Are the
docs regarding Multi cluster deployment up to date? We completed all steps as instructed on EKS, however
• flyteadmin became unhealthy, because the cluster-credentials secret is not being mounted correctly to
/var/run/credentials
in the
sync-cluster-resources
init container.
• syncresources also became unhealthy, because the secret was not being mounted to the service at all (as far as we could tell)
That being said, after solving both steps manually we eventually saw some life signs on our data plane cluster. However the
flytepropeller
service on the data plane cluster didn’t seem to be able to reconcile the workflow correctly, instead referencing a non existing flyteadmin service.
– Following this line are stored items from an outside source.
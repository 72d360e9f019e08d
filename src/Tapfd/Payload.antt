-- ===== src/Tapfd/Payload.antt =====
-- The metadata line that goes with the descriptors: pkg/tapfd/payload.go.
pub mod RoundTrip
use connector.Base.{
  ℕ, ◌+◌, Bool, true, false, Option, none, some, List, [], ◌∷◌, ◌++◌, Result, ok, err, refuse, ◌>>◌,
  ◌>>=◌, ltb, ◌==◌, if◌then◌else◌, Bytes, bytes_eq, length,
}
use connector.Text.{codes, fields, cut, is_empty, before_nul, format_uint, parse_uint}
use connector.Tapfd.Response.{max_payload_size}

pub record PortMetadata : Type 0 where
  pub port : ℕ
  pub mac : Bytes
  pub inner_ip : Bytes
  pub fd_count : ℕ
  pub netns_fd_count : ℕ

pub data PayloadError : Type 0 where
  mac_required inner_ip_required fd_count_required too_large : PayloadError
  malformed_token bad_number : PayloadError

abbrev pub netns_part : ℕ → Bytes
netns_part n = if n == 0 then [] else codes " netns_fd=" ++ format_uint n

abbrev pub payload_line : PortMetadata → Bytes
payload_line m =
    codes "port="
    ++ (format_uint m.port
        ++ (codes " mac="
            ++ (m.mac
                ++ (codes " ip="
                    ++ (m.inner_ip
                        ++ (codes " fd="
                            ++ (format_uint m.fd_count ++ netns_part m.netns_fd_count)))))))

unfoldable pub marshal : PortMetadata → Result PayloadError Bytes
marshal m = do
  let out = payload_line m ++ 0 ∷ []
  refuse (is_empty m.mac) mac_required
  refuse (is_empty m.inner_ip) inner_ip_required
  refuse (m.fd_count == 0) fd_count_required
  refuse (ltb max_payload_size (length out)) too_large
  ok out

abbrev pub with_number : Option ℕ → (ℕ → PortMetadata) → Result PayloadError PortMetadata
with_number none f = err bad_number
with_number (some n) f = ok (f n)

abbrev pub store_key : Bytes → Bytes → PortMetadata → Result PayloadError PortMetadata
store_key key val m =
    if bytes_eq key (codes "port")
    then with_number (parse_uint 4294967296 val) (λ n. record m { port = n })
    else if bytes_eq key (codes "mac")
    then ok (record m { mac = val })
    else if bytes_eq key (codes "ip")
    then ok (record m { inner_ip = val })
    else if bytes_eq key (codes "fd")
    then with_number (parse_uint 256 val) (λ n. record m { fd_count = n })
    else if bytes_eq key (codes "netns_fd")
    then with_number (parse_uint 256 val) (λ n. record m { netns_fd_count = n })
    else ok m

abbrev pub store_cut : Option (Bytes × Bytes) → PortMetadata → Result PayloadError PortMetadata
store_cut none m = err malformed_token
store_cut (some (key, val)) m = store_key key val m

unfoldable pub store_tokens : List Bytes → PortMetadata → Result PayloadError PortMetadata
store_tokens [] m = ok m
store_tokens (t ∷ ts) m = store_cut (cut b'=' t) m >>= store_tokens ts

abbrev pub no_metadata : PortMetadata
no_metadata = record { port = 0; mac = []; inner_ip = []; fd_count = 0; netns_fd_count = 0 }

unfoldable pub parse_payload : Bytes → Result PayloadError PortMetadata
parse_payload buf = store_tokens (fields (before_nul buf)) no_metadata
E0216 14:41:48.783203 1 workers.go:102] error syncing 'flytesnacks-development/f9f0589cf97c949c892f': Workflow[] failed. ErrorRecordingError: failed to publish event, caused by: EventSinkError: Error sending event, caused by [rpc error: code = Unavailable desc = connection error: desc = "transport: Error while dialing dial tcp: lookup flyteadmin on 10.100.0.10:53: no such host"]
Is there a full working example? What are we missing? Or would anyone from the community be up for an exchange, if you have succeeded to do the multi cluster setup?
For final background:
• We aim for the multi cluster setup for operational reasons, but mostly for data isolation. That way we can isolate customer data on a cluster and AWS account level.